(Stored items)
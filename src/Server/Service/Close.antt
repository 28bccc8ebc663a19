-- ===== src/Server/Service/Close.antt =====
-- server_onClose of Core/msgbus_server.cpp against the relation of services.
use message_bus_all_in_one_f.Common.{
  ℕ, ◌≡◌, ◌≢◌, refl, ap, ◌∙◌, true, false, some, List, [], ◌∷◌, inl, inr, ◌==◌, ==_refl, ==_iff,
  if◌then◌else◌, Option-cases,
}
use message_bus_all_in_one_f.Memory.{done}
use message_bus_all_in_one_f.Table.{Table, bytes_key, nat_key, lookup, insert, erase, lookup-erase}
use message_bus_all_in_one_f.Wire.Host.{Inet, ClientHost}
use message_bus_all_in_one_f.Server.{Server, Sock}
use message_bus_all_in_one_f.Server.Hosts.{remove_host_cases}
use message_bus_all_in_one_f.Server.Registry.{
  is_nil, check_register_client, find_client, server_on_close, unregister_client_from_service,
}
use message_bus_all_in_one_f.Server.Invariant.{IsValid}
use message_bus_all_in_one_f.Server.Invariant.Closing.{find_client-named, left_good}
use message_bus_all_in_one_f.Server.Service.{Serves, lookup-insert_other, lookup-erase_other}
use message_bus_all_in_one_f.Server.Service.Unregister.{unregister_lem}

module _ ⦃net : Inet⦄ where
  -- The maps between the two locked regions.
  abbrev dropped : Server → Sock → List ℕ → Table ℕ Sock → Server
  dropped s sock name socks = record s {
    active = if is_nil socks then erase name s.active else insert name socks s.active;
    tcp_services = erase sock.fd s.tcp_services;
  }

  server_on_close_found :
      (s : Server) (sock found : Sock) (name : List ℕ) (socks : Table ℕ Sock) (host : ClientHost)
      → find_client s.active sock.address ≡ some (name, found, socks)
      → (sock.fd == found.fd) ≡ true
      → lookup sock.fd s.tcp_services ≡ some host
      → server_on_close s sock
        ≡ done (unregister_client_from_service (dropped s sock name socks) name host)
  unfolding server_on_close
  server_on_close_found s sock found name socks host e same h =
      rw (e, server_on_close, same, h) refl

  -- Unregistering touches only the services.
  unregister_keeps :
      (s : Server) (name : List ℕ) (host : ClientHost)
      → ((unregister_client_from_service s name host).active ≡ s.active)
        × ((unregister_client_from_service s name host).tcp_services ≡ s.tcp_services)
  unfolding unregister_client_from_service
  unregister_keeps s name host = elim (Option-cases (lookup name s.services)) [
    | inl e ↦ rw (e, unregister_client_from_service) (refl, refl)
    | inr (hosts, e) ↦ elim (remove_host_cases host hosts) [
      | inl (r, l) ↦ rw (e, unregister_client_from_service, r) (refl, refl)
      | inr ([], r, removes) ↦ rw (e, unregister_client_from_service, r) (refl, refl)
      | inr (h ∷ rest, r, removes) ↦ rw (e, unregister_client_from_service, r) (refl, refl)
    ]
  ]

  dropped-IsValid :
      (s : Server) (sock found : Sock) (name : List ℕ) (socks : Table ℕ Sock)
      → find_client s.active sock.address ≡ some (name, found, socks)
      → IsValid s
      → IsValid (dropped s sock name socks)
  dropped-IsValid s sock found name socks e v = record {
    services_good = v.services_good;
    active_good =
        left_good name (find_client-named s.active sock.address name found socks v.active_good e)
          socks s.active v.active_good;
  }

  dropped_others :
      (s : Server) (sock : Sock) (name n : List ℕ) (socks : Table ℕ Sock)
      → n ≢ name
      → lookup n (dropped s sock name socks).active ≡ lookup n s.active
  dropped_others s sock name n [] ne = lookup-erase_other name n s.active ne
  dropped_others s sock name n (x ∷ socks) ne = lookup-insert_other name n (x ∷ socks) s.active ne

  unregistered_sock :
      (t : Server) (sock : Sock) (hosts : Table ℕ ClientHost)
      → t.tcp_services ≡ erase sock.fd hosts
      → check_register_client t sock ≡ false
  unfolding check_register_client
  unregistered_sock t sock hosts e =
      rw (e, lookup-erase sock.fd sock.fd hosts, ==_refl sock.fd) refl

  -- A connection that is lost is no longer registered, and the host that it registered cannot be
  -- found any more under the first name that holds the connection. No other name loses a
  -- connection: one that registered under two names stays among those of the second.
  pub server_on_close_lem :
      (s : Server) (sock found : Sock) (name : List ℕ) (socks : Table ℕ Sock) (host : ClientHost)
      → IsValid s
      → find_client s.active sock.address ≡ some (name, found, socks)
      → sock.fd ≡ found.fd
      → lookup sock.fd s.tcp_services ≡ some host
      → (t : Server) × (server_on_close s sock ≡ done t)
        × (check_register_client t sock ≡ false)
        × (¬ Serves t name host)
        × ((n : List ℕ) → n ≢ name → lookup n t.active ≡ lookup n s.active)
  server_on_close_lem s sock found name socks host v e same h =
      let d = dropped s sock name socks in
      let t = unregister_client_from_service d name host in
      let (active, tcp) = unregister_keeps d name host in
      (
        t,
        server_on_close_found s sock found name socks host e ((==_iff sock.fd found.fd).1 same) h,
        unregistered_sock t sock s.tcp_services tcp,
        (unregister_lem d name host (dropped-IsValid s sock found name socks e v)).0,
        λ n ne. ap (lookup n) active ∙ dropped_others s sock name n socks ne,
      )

...

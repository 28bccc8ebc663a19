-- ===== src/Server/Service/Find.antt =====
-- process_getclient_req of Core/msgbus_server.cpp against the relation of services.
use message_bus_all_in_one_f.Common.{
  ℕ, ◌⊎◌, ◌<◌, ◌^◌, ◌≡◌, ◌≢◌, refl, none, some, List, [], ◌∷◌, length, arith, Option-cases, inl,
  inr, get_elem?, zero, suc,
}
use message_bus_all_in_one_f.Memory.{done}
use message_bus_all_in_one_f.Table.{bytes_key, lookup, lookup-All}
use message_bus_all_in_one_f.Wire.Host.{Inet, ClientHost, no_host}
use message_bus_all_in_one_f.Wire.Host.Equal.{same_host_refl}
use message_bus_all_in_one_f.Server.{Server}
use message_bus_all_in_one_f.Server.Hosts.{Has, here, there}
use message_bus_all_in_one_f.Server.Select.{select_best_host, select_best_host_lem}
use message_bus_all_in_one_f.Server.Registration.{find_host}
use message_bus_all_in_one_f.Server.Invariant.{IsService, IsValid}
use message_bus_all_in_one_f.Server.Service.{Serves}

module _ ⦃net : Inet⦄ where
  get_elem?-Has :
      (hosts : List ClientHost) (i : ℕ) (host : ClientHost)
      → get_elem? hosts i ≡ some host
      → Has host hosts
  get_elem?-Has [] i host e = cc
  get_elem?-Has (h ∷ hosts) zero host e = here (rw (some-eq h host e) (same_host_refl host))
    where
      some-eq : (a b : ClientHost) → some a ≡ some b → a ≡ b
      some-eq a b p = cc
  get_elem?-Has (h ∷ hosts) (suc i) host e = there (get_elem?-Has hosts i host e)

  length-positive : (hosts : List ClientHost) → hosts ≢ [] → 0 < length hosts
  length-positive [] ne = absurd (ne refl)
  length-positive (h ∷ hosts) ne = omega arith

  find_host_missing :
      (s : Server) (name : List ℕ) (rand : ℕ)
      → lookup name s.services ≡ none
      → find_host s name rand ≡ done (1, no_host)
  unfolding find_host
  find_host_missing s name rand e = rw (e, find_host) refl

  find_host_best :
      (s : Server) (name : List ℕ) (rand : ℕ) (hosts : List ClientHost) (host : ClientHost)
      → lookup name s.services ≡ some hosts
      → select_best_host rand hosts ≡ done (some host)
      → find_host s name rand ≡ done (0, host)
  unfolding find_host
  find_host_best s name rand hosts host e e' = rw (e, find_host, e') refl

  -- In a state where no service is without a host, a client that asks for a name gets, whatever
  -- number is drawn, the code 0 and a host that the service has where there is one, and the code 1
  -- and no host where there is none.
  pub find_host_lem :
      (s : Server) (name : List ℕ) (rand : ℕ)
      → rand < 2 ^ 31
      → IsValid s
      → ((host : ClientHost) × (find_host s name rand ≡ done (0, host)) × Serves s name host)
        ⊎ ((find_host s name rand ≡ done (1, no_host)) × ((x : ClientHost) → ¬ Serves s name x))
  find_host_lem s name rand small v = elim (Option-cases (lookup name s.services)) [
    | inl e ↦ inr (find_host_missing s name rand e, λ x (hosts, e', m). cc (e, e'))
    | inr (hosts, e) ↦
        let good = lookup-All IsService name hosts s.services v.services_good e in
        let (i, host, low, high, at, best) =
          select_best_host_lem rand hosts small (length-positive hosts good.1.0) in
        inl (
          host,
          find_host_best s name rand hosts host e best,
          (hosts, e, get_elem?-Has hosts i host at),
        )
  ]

TASK TO CARRY OUT: Copy the lines above exactly, beginning at the line that has "dropped_others s sock name n []" and stopping after the line that has "unregistered_sock t sock hosts", and omit the rest.

EXERCISE RESPONSE:
  dropped_others s sock name n [] ne = lookup-erase_other name n s.active ne
  dropped_others s sock name n (x ∷ socks) ne = lookup-insert_other name n (x ∷ socks) s.active ne

  unregistered_sock :
      (t : Server) (sock : Sock) (hosts : Table ℕ ClientHost)
      → t.tcp_services ≡ erase sock.fd hosts
      → check_register_client t sock ≡ false
  unfolding check_register_client
  unregistered_sock t sock hosts e =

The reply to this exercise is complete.